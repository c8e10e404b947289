-- ===== src/Rest/Writer.antt =====
-- sdks/cpp/connections/REST: `SocketWriter` and `SSEWriter` of include/SocketWriter.h and
-- src/SocketWriter.cpp.
--
-- What a call writes is its result; closing the socket on an error of the write is left out. A message is
-- `none` where it is `st2138::Empty`; its JSON is the protobuf library's, `none` where that fails.
use catena.Base.{
  ℕ, Bool, true, false, ◌&&◌, ◌||◌, not, List, [], ◌∷◌, ◌++◌, Option, none, some, if◌then◌else◌,
  ltb, leb, length,
}
use catena.Base.Text.{Text, txt}
use catena.Status.{
  StatusCode, ok, cancelled, unknown, invalid_argument, deadline_exceeded, not_found,
  already_exists, permission_denied, unauthenticated, resource_exhausted, failed_precondition,
  aborted, out_of_range, unimplemented, internal, unavailable, data_loss, do_not_use, created,
  accepted, no_content, unprocessable_entity, method_not_allowed, conflict, too_many_requests,
  bad_gateway, service_unavailable, gateway_timeout,
}
use catena.ParamPath.Decimal.{print_index}

-- `codeMap_`
unfoldable pub code_map : StatusCode → ℕ × Text
code_map ok = (200, txt "OK")
code_map created = (201, txt "Created")
code_map accepted = (202, txt "Accepted")
code_map no_content = (204, txt "No Content")
code_map already_exists = (208, txt "Already Reported")
code_map cancelled = (400, txt "Cancelled")
code_map invalid_argument = (400, txt "Bad Request")
code_map unauthenticated = (401, txt "Unauthorized")
code_map permission_denied = (403, txt "Forbidden")
code_map not_found = (404, txt "Not Found")
code_map method_not_allowed = (405, txt "Method Not Allowed")
code_map deadline_exceeded = (408, txt "Request Timeout")
code_map conflict = (409, txt "Conflict")
code_map aborted = (409, txt "Conflict")
code_map failed_precondition = (412, txt "Precondition Failed")
code_map unprocessable_entity = (422, txt "Unprocessable Entity")
code_map resource_exhausted = (429, txt "Too Many Requests")
code_map too_many_requests = (429, txt "Too Many Requests")
code_map out_of_range = (416, txt "Range Not Satisfiable")
code_map bad_gateway = (502, txt "Bad Gateway")
code_map unimplemented = (501, txt "Not Implemented")
code_map internal = (500, txt "Internal Server Error")
code_map unknown = (500, txt "Internal Server Error")
code_map data_loss = (500, txt "Internal Server Error")
code_map do_not_use = (500, txt "Internal Server Error")
code_map service_unavailable = (503, txt "Service Unavailable")
code_map unavailable = (503, txt "Service Unavailable")
code_map gateway_timeout = (504, txt "Gateway Timeout")

-- A response, and its bytes.
pub record Response : Type 0 where
  pub http_status : ℕ × Text
  pub origin : Text
  pub body : Text

abbrev pub line_end : Text
line_end = b'\r' ∷ b'\n' ∷ []

abbrev pub status_line : ℕ × Text → Text
status_line (code, reason) = txt "HTTP/1.1 " ++ (print_index code ++ (b' ' ∷ (reason ++ line_end)))

abbrev pub cors_headers : Text → Text
cors_headers origin =
    txt "Access-Control-Allow-Origin: "
    ++ (origin
        ++ (line_end
            ++ (txt "Access-Control-Allow-Methods: GET, POST, PUT, DELETE, OPTIONS"
                ++ (line_end
                    ++ (txt
                          "Access-Control-Allow-Headers: Content-Type, Authorization, accept, Origin, X-Requested-With, Language, Detail-Level"
                        ++ (line_end
                            ++ (txt "Access-Control-Allow-Credentials: true"
                                ++ (line_end ++ line_end))))))))

unfoldable pub response_text : Response → Text
response_text r =
    status_line r.http_status
    ++ (txt "Content-Type: application/json"
        ++ (line_end
            ++ (txt "Connection: close"
                ++ (line_end
                    ++ (txt "Content-Length: "
                        ++ (print_index (length r.body)
                            ++ (line_end ++ (cors_headers r.origin ++ r.body))))))))

pub record SocketWriter : Type 0 where
  pub origin : Text
  pub buffer : Bool
  pub json_body : Text

abbrev pub is_empty : Text → Bool
is_empty [] = true
is_empty (c ∷ s) = false

module _ {R : Type 0} (json : R → Option Text) where
  -- The status with which the message goes out, and its JSON.
  unfoldable pub to_json : ℕ × Text → Option R → (ℕ × Text) × Text
  unfolding code_map
  to_json status none = (status, [])
  to_json status (some msg) =
      if ltb status.0 300
      then (elim (json msg) [ none ↦ (code_map invalid_argument, []) | some s ↦ (status, s) ])
      else (status, [])

  -- The body with the JSON of the message behind it. Where the conversion is not made, or fails, there
  -- is none.
  unfoldable pub add_json : Text → Text → Bool → Text
  add_json body output converted =
      if converted then (if is_empty body then output else body ++ (b',' ∷ output)) else body

  -- Whether `MessageToJsonString` is called, and goes well.
  unfoldable pub is_converted : ℕ × Text → Option R → Bool
  is_converted status none = false
  is_converted status (some msg) =
      ltb status.0 300 && (elim (json msg) [ none ↦ false | some s ↦ true ])

  -- `SocketWriter::sendResponse`
  unfoldable pub send_response :
      StatusCode → Option R → SocketWriter → SocketWriter × Option Response
  unfolding to_json add_json is_converted code_map
  send_response err msg w =
      let (status, output) = to_json (code_map err) msg in
      let body = add_json w.json_body output (is_converted (code_map err) msg) in
      if not w.buffer || is_empty output
      then (let cleared = if leb 300 status.0 then [] else body in
          let sent =
            if w.buffer && not (is_empty cleared)
            then txt "{\"data\":[" ++ (cleared ++ txt "]}")
            else cleared in
          (
            record w { json_body = sent },
            some (record { http_status = status; origin = w.origin; body = sent }),
          ))
      else (record w { json_body = body }, none)

  -- The calls of `sendResponse` of one request, and what they write.
  unfoldable pub send_responses : List (StatusCode × Option R) → SocketWriter → List Response
  unfolding send_response
  send_responses [] w = []
  send_responses ((err, msg) ∷ calls) w =
      let (w', written) = send_response err msg w in
      let rest = send_responses calls w' in elim written [ none ↦ rest | some r ↦ r ∷ rest ]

● PROBLEM DESCRIPTION: All of the entries above need to be printed again exactly.

● ANSWER SPACE:
repository c8e10e404b947289
-- ===== src/Rest/Writer.antt =====
-- sdks/cpp/connections/REST: `SocketWriter` and `SSEWriter` of include/SocketWriter.h and
-- src/SocketWriter.cpp.
--
-- What a call writes is its result; closing the socket on an error of the write is left out. A message is
-- `none` where it is `st2138::Empty`; its JSON is the protobuf library's, `none` where that fails.
use catena.Base.{
  ℕ, Bool, true, false, ◌&&◌, ◌||◌, not, List, [], ◌∷◌, ◌++◌, Option, none, some, if◌then◌else◌,
  ltb, leb, length,
}
use catena.Base.Text.{Text, txt}
use catena.Status.{
  StatusCode, ok, cancelled, unknown, invalid_argument, deadline_exceeded, not_found,
  already_exists, permission_denied, unauthenticated, resource_exhausted, failed_precondition,
  aborted, out_of_range, unimplemented, internal, unavailable, data_loss, do_not_use, created,
  accepted, no_content, unprocessable_entity, method_not_allowed, conflict, too_many_requests,
  bad_gateway, service_unavailable, gateway_timeout,
}
use catena.ParamPath.Decimal.{print_index}

-- `codeMap_`
unfoldable pub code_map : StatusCode → ℕ × Text
code_map ok = (200, txt "OK")
code_map created = (201, txt "Created")
code_map accepted = (202, txt "Accepted")
code_map no_content = (204, txt "No Content")
code_map already_exists = (208, txt "Already Reported")
code_map cancelled = (400, txt "Cancelled")
code_map invalid_argument = (400, txt "Bad Request")
code_map unauthenticated = (401, txt "Unauthorized")
code_map permission_denied = (403, txt "Forbidden")
code_map not_found = (404, txt "Not Found")
code_map method_not_allowed = (405, txt "Method Not Allowed")
code_map deadline_exceeded = (408, txt "Request Timeout")
code_map conflict = (409, txt "Conflict")
code_map aborted = (409, txt "Conflict")
code_map failed_precondition = (412, txt "Precondition Failed")
code_map unprocessable_entity = (422, txt "Unprocessable Entity")
code_map resource_exhausted = (429, txt "Too Many Requests")
code_map too_many_requests = (429, txt "Too Many Requests")
code_map out_of_range = (416, txt "Range Not Satisfiable")
code_map bad_gateway = (502, txt "Bad Gateway")
code_map unimplemented = (501, txt "Not Implemented")
code_map internal = (500, txt "Internal Server Error")
code_map unknown = (500, txt "Internal Server Error")
code_map data_loss = (500, txt "Internal Server Error")
code_map do_not_use = (500, txt "Internal Server Error")
code_map service_unavailable = (503, txt "Service Unavailable")
code_map unavailable = (503, txt "Service Unavailable")
code_map gateway_timeout = (504, txt "Gateway Timeout")

-- A response, and its bytes.
pub record Response : Type 0 where
  pub http_status : ℕ × Text
  pub origin : Text
  pub body : Text

abbrev pub line_end : Text
line_end = b'\r' ∷ b'\n' ∷ []

abbrev pub status_line : ℕ × Text → Text
status_line (code, reason) = txt "HTTP/1.1 " ++ (print_index code ++ (b' ' ∷ (reason ++ line_end)))

abbrev pub cors_headers : Text → Text
cors_headers origin =
    txt "Access-Control-Allow-Origin: "
    ++ (origin
        ++ (line_end
            ++ (txt "Access-Control-Allow-Methods: GET, POST, PUT, DELETE, OPTIONS"
                ++ (line_end
                    ++ (txt
                          "Access-Control-Allow-Headers: Content-Type, Authorization, accept, Origin, X-Requested-With, Language, Detail-Level"
                        ++ (line_end
                            ++ (txt "Access-Control-Allow-Credentials: true"
                                ++ (line_end ++ line_end))))))))

unfoldable pub response_text : Response → Text
response_text r =
    status_line r.http_status
    ++ (txt "Content-Type: application/json"
        ++ (line_end
            ++ (txt "Connection: close"
                ++ (line_end
                    ++ (txt "Content-Length: "
                        ++ (print_index (length r.body)
                            ++ (line_end ++ (cors_headers r.origin ++ r.body))))))))

pub record SocketWriter : Type 0 where
  pub origin : Text
  pub buffer : Bool
  pub json_body : Text

abbrev pub is_empty : Text → Bool
is_empty [] = true
is_empty (c ∷ s) = false

module _ {R : Type 0} (json : R → Option Text) where
  -- The status with which the message goes out, and its JSON.
  unfoldable pub to_json : ℕ × Text → Option R → (ℕ × Text) × Text
  unfolding code_map
  to_json status none = (status, [])
  to_json status (some msg) =
      if ltb status.0 300
      then (elim (json msg) [ none ↦ (code_map invalid_argument, []) | some s ↦ (status, s) ])
      else (status, [])

  -- The body with the JSON of the message behind it. Where the conversion is not made, or fails, there
  -- is none.
  unfoldable pub add_json : Text → Text → Bool → Text
  add_json body output converted =
      if converted then (if is_empty body then output else body ++ (b',' ∷ output)) else body

  -- Whether `MessageToJsonString` is called, and goes well.
  unfoldable pub is_converted : ℕ × Text → Option R → Bool
  is_converted status none = false
  is_converted status (some msg) =
      ltb status.0 300 && (elim (json msg) [ none ↦ false | some s ↦ true ])

  -- `SocketWriter::sendResponse`
  unfoldable pub send_response :
      StatusCode → Option R → SocketWriter → SocketWriter × Option Response
  unfolding to_json add_json is_converted code_map
  send_response err msg w =
      let (status, output) = to_json (code_map err) msg in
      let body = add_json w.json_body output (is_converted (code_map err) msg) in
      if not w.buffer || is_empty output
      then (let cleared = if leb 300 status.0 then [] else body in
          let sent =
            if w.buffer && not (is_empty cleared)
            then txt "{\"data\":[" ++ (cleared ++ txt "]}")
            else cleared in
          (
            record w { json_body = sent },
            some (record { http_status = status; origin = w.origin; body = sent }),
          ))
      else (record w { json_body = body }, none)

  -- The calls of `sendResponse` of one request, and what they write.
  unfoldable pub send_responses : List (StatusCode × Option R) → SocketWriter → List Response
  unfolding send_response
  send_responses [] w = []
  send_responses ((err, msg) ∷ calls) w =
      let (w', written) = send_response err msg w in
      let rest = send_responses calls w' in elim written [ none ↦ rest | some r ↦ r ∷ rest ]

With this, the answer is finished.